Output: results/score_distribution.png

Project Structure

RAG_paper/
│
├── agentic_rag.py                  # Main evaluation script (Agentic RAG, Standard RAG, Vanilla LLM)
├── visualize_rag_performance.py    # Grouped bar chart of mean accuracy scores
├── visualize_correct_portion.py    # Stacked bar chart of score distribution
├── requirement.txt                 # Python dependencies
├── .env                            # API keys (not tracked by git)
│
├── utils/                          # Helper modules
│   ├── agent_tools.py              # RetrieverTool for the smolagents CodeAgent
│   ├── blablador_helper.py         # Blablador LLM API wrapper
│   ├── checkpoint_runner.py        # Checkpointing logic for long evaluations
│   ├── results_manager.py          # Save / load evaluation results to JSON
│   └── vectordb_utils.py           # FAISS vector database creation & caching (gte-small embeddings, cosine distance, parallel splitting, persistent cache)
│
└─ prompts/                        # YAML prompt templates
    ├── gemini_agent_system_prompt.yaml
    ├── guide_agent_system_prompt.yaml
    └── evaluation_prompt.yaml

Results

Performance was evaluated using the Hugging Face technical Q&A dataset. The results demonstrate that the Agentic RAG approach consistently outperforms standard RAG and standalone LLMs.

Performance Comparison

Evaluation Scores

Agentic RAG consistently delivers the highest accuracy across all evaluated models, outperforming Standard RAG by a clear margin and significantly surpassing Vanilla LLM. This indicates that the pipeline design (agentic workflow) has a stronger impact on performance than the choice of base model, and that single-pass retrieval (Standard RAG) is not sufficient for high-quality technical QA.

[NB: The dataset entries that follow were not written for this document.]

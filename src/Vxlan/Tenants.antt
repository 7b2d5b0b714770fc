-- ===== src/Vxlan/Tenants.antt =====
-- The tenants that stand on the switch against the VNIs that are entered.
use basebox.Prelude.{
  ℕ, ◌+◌, ◌^◌, ◌<◌, ◌≤◌, ◌≡◌, ◌≢◌, inl, inr, List, [], ◌∷◌, Option, none, some, ℤ, pos, is_neg,
  length, arith, find, nat_key, find-emplace, find-erase, ◌==◌, if◌then◌else◌, Option-cases,
  Bool-cases,
}
use basebox.Sai.{Call, Log, SwitchInterface}
use basebox.Vxlan.Action.{Action, last_result}
use basebox.Vxlan.State.{Network, NlVxlan}
use basebox.Vxlan.Vnis.{
  get_tunnel_id, enter_vni, drop_vni, create_tenant, create_vni, delete_tenant, remove_vni,
}

-- The VNI of the tenant with that id on the switch.
unfoldable pub tenant_of : ℕ → Log → Option ℕ
tenant_of id [] = none
tenant_of id ((Call.tunnel_tenant_create made vni, rv) ∷ l) =
    let before = tenant_of id l in
    if is_neg rv then before else if made == id then some vni else before
tenant_of id ((Call.tunnel_tenant_delete gone, rv) ∷ l) =
    let before = tenant_of id l in if is_neg rv then before else if gone == id then none else before
tenant_of id ((c, rv) ∷ l) = tenant_of id l

-- Every VNI that is entered has its own tenant on the switch, with an id below the counter.
pub record IsTunnelled {L A : Type 0} (s : NlVxlan L A) : Type 0 where
  pub standing : (vni id : ℕ) → find vni s.vni2tunnel ≡ some id → tenant_of id s.log ≡ some vni
  pub below : (vni id : ℕ) → find vni s.vni2tunnel ≡ some id → id < s.tunnel_id_cnt

unchanged-IsTunnelled :
    {L A : Type 0} (s t : NlVxlan L A)
    → s ≡ t
    → IsTunnelled s
    → IsTunnelled t × (t.tunnel_id_cnt ≤ s.tunnel_id_cnt + 1)
unchanged-IsTunnelled s t same h = (
  record {
    standing = λ vni id at. ground (arith, h.standing vni id);
    below = λ vni id at. ground (arith, h.below vni id);
  },
  ground arith,
)

-- A VXLAN link that appears or goes.
pub data VniRequest (L : Type 0) : Type 0 where
  creates removes : L → VniRequest L

module _ {L A : Type 0} (swi : SwitchInterface) where
  unfoldable pub serve_vni : Network L A × VniRequest L → Action (NlVxlan L A) ℤ
  serve_vni (net, VniRequest.creates link) = create_vni net swi link
  serve_vni (net, VniRequest.removes link) = remove_vni net swi link

  unfoldable pub serve_vnis : List (Network L A × VniRequest L) → Action (NlVxlan L A) ℤ
  serve_vnis = last_result serve_vni (pos 0)

  module _ (net : Network L A) where
    create_tenant-IsTunnelled :
        (vni : ℕ) (s : NlVxlan L A) (rv : ℤ) (t : NlVxlan L A)
        → create_tenant net swi vni s ≡ some (rv, t)
        → s.tunnel_id_cnt + 1 < 2 ^ 32
        → IsTunnelled s
        → IsTunnelled t × (t.tunnel_id_cnt ≤ s.tunnel_id_cnt + 1)
    unfolding create_tenant enter_vni tenant_of
    create_tenant-IsTunnelled vni s rv t e bound h = (
      record {
        standing = λ v id at.
            ground (
              arith,
              find-emplace vni v s.tunnel_id_cnt s.vni2tunnel,
              h.standing v id,
              h.below v id,
            );
        below = λ v id at.
            ground (arith, find-emplace vni v s.tunnel_id_cnt s.vni2tunnel, h.below v id);
      },
      ground arith,
    )

    delete_tenant-IsTunnelled :
        (vni gone : ℕ) (s : NlVxlan L A) (rv : ℤ) (t : NlVxlan L A)
        → delete_tenant net swi vni gone s ≡ some (rv, t)
        → find vni s.vni2tunnel ≡ some gone
        → IsTunnelled s
        → IsTunnelled t × (t.tunnel_id_cnt ≡ s.tunnel_id_cnt)
    unfolding delete_tenant drop_vni tenant_of
    delete_tenant-IsTunnelled vni gone s rv t e known h = (
      record {
        standing = λ v id at.
            ground
              (arith, find-erase vni v s.vni2tunnel, h.standing v id, h.standing vni gone known);
        below = λ v id at. ground (arith, find-erase vni v s.vni2tunnel, h.below v id);
      },
      ground arith,
    )

    create_vni-IsTunnelled :
        (link : L) (s : NlVxlan L A) (rv : ℤ) (t : NlVxlan L A)
        → create_vni net swi link s ≡ some (rv, t)
        → s.tunnel_id_cnt + 1 < 2 ^ 32
        → IsTunnelled s
        → IsTunnelled t × (t.tunnel_id_cnt ≤ s.tunnel_id_cnt + 1)
    unfolding create_vni get_tunnel_id
    create_vni-IsTunnelled link s rv t e bound h = elim (Bool-cases (net.is_vxlan link)) [
      | inl vxlan ↦ elim (Option-cases (net.vxlan_id link)) [
        | inl unset ↦ create_tenant-IsTunnelled 0 s rv t (ground arith) bound h
        | inr (vni, set) ↦ elim (Option-cases (find vni s.vni2tunnel)) [
          | inl new ↦ create_tenant-IsTunnelled vni s rv t (ground arith) bound h
          | inr (id, known) ↦ unchanged-IsTunnelled s t (ground arith) h
        ]
      ]
      | inr other ↦ unchanged-IsTunnelled s t (ground arith) h
    ]

    remove_vni-IsTunnelled :
        (link : L) (s : NlVxlan L A) (rv : ℤ) (t : NlVxlan L A)
        → remove_vni net swi link s ≡ some (rv, t)
        → IsTunnelled s
        → IsTunnelled t × (t.tunnel_id_cnt ≤ s.tunnel_id_cnt + 1)
    unfolding remove_vni get_tunnel_id
    remove_vni-IsTunnelled link s rv t e h = elim (Option-cases (net.vxlan_id link)) [
      | inl unset ↦ unchanged-IsTunnelled s t (ground arith) h
      | inr (vni, set) ↦ elim (Option-cases (find vni s.vni2tunnel)) [
        | inl new ↦ unchanged-IsTunnelled s t (ground arith) h
        | inr (id, known) ↦
            let (h', same_counter) =
              delete_tenant-IsTunnelled vni id s rv t (ground arith) known h in
            (h', omega (arith, same_counter))
      ]
    ]

  serve_vni-IsTunnelled :
      (r : Network L A × VniRequest L) (s : NlVxlan L A) (rv : ℤ) (t : NlVxlan L A)
      → serve_vni r s ≡ some (rv, t)
      → s.tunnel_id_cnt + 1 < 2 ^ 32
      → IsTunnelled s
      → IsTunnelled t × (t.tunnel_id_cnt ≤ s.tunnel_id_cnt + 1)
  unfolding serve_vni
  serve_vni-IsTunnelled (net, VniRequest.creates link) s rv t e bound h =
      create_vni-IsTunnelled net link s rv t e bound h
  serve_vni-IsTunnelled (net, VniRequest.removes link) s rv t e bound h =
      remove_vni-IsTunnelled net link s rv t e h

  results-IsTunnelled :
      (rs : List (Network L A × VniRequest L)) (last : ℤ) (s : NlVxlan L A) (rv : ℤ)
      (t : NlVxlan L A)
      → last_result serve_vni last rs s ≡ some (rv, t)
      → s.tunnel_id_cnt + length rs < 2 ^ 32
      → IsTunnelled s
      → IsTunnelled t
  unfolding last_result
  results-IsTunnelled [] last s rv t e bound h = (unchanged-IsTunnelled s t (ground arith) h).0
  results-IsTunnelled (r ∷ rs) last s rv t e bound h = elim (Option-cases (serve_vni r s)) [
    | inl aborted ↦ absurd (ground arith)
    | inr ((first, u), returned) ↦
        let (h', counter) = serve_vni-IsTunnelled r s first u returned (omega (arith, bound)) h in
        results-IsTunnelled rs first u rv t (ground arith) (omega (arith, bound, counter)) h'
  ]

  -- After any history of VXLAN links that appear and go, too short for the counter of tunnels to
  -- reach 2^32, and whatever the switch answers: if every VNI had its own tenant before, then for
  -- any two different VNIs that are entered, the first has its tenant on the switch, and the second
  -- has another one.
  pub serve_vnis-IsTunnelled :
      (rs : List (Network L A × VniRequest L)) (s : NlVxlan L A) (rv : ℤ) (t : NlVxlan L A)
      (vni other id other_id : ℕ)
      → serve_vnis rs s ≡ some (rv, t)
      → s.tunnel_id_cnt + length rs < 2 ^ 32
      → IsTunnelled s
      → find vni t.vni2tunnel ≡ some id
      → find other t.vni2tunnel ≡ some other_id
      → vni ≢ other
      → (tenant_of id t.log ≡ some vni) × (id ≢ other_id)
  unfolding serve_vnis
  serve_vnis-IsTunnelled rs s rv t vni other id other_id e bound h at at_other distinct =
      let h' = results-IsTunnelled rs (pos 0) s rv t e bound h in
      (
        h'.standing vni id at,
        λ same_id. ground (arith, h'.standing vni id at, h'.standing other other_id at_other),
      )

Score Distribution and Model Strength

Score Distribution

The primary advantage of Agentic RAG comes from drastically reducing incorrect answers, not just increasing partially correct ones. Compared to Standard RAG and Vanilla LLM, it shifts outcomes from “wrong” directly to “correct,” demonstrating that iterative retrieval and reasoning improve answer reliability and suppress hallucinations, rather than merely producing safer or more ambiguous responses.

Extended Project

Private LLM Serving with vLLM: We have successfully implemented a transition from external APIs (such as Gemini or Blablador) to local, HPC-hosted models using vLLM. This dedicated extension significantly improves inference speeds and ensures strict data privacy by keeping sensitive information within a secure, private GPU computing cluster—a critical requirement for production-grade applications.

Future Improvements

To further enhance the performance, efficiency, and security of this Agentic RAG system, the following areas are identified for future development:

Comprehensive Agent Telemetry : System prompts are a critical factor in agentic performance. Implementing a robust telemetry system would allow for granular monitoring of agent behavior, enabling systematic comparison of different system prompts and reasoning patterns to identify the most effective configurations.
Self-Refining Agent Prompting via Reinforcement Learning : Leveraging Reinforcement Learning (RL) to allow an agent to iteratively refine its own system prompts. The goal is to optimize for factual accuracy while ensuring the agent maintains its existing capabilities. This approach can lead to more efficient retrieval strategies, reducing the number of necessary steps and improving alignment with complex task requirements.